:: Supplied data ::
══════
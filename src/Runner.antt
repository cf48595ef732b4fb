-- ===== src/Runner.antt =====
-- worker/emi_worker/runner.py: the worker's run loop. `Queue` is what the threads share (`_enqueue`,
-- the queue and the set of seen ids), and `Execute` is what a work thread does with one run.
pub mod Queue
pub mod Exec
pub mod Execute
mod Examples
══════
:: Assignment ::
An exact copy of every entry is required.

:: Response area ::
filename src/Runner.antt
repository cf48595ef732b4fb
-- ===== src/Runner.antt =====
-- worker/emi_worker/runner.py: the worker's run loop. `Queue` is what the threads share (`_enqueue`,
-- the queue and the set of seen ids), and `Execute` is what a work thread does with one run.
pub mod Queue
pub mod Exec
pub mod Execute
mod Examples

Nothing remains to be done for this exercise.